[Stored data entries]
----

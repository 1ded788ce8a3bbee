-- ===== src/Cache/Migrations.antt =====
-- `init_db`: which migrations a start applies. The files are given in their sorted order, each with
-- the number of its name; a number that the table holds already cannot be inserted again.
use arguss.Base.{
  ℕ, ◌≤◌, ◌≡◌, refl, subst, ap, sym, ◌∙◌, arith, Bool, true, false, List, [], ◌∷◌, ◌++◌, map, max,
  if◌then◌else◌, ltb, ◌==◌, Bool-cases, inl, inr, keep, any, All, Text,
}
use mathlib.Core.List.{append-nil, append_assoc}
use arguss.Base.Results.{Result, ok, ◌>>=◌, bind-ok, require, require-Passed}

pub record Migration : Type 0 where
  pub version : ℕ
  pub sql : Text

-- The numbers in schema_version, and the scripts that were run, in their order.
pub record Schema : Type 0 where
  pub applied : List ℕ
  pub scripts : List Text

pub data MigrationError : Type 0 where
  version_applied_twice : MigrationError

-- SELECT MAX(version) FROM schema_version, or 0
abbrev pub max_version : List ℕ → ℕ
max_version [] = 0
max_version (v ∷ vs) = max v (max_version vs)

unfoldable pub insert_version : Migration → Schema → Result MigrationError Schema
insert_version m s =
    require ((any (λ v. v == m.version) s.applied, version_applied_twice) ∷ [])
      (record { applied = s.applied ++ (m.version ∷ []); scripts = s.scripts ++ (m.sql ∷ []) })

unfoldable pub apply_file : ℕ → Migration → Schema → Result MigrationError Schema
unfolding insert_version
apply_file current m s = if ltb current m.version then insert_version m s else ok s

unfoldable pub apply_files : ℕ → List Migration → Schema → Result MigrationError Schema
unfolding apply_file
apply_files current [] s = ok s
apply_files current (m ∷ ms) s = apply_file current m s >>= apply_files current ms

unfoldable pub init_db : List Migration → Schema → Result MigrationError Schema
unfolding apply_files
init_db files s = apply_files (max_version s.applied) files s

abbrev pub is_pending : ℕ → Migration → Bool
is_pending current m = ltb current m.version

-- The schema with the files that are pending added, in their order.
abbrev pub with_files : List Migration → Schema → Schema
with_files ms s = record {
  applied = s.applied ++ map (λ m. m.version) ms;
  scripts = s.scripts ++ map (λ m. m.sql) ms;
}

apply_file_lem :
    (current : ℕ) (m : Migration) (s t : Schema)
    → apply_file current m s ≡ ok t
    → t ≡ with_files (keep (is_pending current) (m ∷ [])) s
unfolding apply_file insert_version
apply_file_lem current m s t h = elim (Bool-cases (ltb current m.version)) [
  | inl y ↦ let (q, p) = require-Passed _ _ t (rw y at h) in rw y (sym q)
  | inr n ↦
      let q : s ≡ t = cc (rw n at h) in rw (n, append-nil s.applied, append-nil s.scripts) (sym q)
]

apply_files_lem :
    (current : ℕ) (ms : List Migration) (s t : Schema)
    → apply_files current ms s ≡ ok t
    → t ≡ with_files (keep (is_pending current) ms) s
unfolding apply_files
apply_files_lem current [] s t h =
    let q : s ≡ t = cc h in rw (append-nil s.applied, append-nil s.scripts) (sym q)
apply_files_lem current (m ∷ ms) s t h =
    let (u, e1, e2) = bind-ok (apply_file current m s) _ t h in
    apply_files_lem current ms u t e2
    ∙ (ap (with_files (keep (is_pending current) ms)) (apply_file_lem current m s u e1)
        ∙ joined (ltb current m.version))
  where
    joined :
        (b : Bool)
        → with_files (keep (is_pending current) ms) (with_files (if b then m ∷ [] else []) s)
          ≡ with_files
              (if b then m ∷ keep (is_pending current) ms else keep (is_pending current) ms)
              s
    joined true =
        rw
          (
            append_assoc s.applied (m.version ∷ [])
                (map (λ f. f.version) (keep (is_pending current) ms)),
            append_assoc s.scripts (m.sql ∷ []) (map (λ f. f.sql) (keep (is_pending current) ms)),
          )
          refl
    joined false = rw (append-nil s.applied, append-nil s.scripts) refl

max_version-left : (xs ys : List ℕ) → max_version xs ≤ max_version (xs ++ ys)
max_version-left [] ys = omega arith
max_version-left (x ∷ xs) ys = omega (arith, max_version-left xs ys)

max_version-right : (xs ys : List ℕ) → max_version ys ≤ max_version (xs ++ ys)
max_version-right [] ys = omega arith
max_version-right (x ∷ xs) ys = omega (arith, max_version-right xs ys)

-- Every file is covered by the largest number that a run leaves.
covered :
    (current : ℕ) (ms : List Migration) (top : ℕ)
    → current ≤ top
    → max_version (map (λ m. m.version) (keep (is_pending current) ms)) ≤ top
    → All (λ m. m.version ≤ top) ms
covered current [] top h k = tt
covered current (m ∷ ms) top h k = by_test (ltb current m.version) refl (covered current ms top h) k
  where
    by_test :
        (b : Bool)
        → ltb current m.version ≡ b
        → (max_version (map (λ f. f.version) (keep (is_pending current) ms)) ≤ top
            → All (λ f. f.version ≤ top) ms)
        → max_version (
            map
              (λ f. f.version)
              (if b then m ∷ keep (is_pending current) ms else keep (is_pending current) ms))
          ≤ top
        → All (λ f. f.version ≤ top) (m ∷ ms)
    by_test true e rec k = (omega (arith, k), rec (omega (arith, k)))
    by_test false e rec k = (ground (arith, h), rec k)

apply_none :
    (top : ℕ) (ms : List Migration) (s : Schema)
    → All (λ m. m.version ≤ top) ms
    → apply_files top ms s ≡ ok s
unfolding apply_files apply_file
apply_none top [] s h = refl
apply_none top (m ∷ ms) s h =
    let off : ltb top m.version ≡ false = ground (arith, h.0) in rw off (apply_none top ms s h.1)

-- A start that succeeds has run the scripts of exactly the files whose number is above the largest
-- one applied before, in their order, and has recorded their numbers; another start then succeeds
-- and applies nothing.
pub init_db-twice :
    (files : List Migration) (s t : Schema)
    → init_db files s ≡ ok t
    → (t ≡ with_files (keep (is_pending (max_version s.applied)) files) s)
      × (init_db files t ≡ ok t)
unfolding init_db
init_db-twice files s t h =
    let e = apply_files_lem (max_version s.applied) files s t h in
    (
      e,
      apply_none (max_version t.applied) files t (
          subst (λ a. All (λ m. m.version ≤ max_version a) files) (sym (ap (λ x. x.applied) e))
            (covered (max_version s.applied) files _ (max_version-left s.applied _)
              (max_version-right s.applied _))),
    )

----

Among the lines above, which ones include the word "right"? Copy them.

max_version-right : (xs ys : List ℕ) → max_version ys ≤ max_version (xs ++ ys)
max_version-right [] ys = omega arith
max_version-right (x ∷ xs) ys = omega (arith, max_version-right xs ys)
              (max_version-right s.applied _))),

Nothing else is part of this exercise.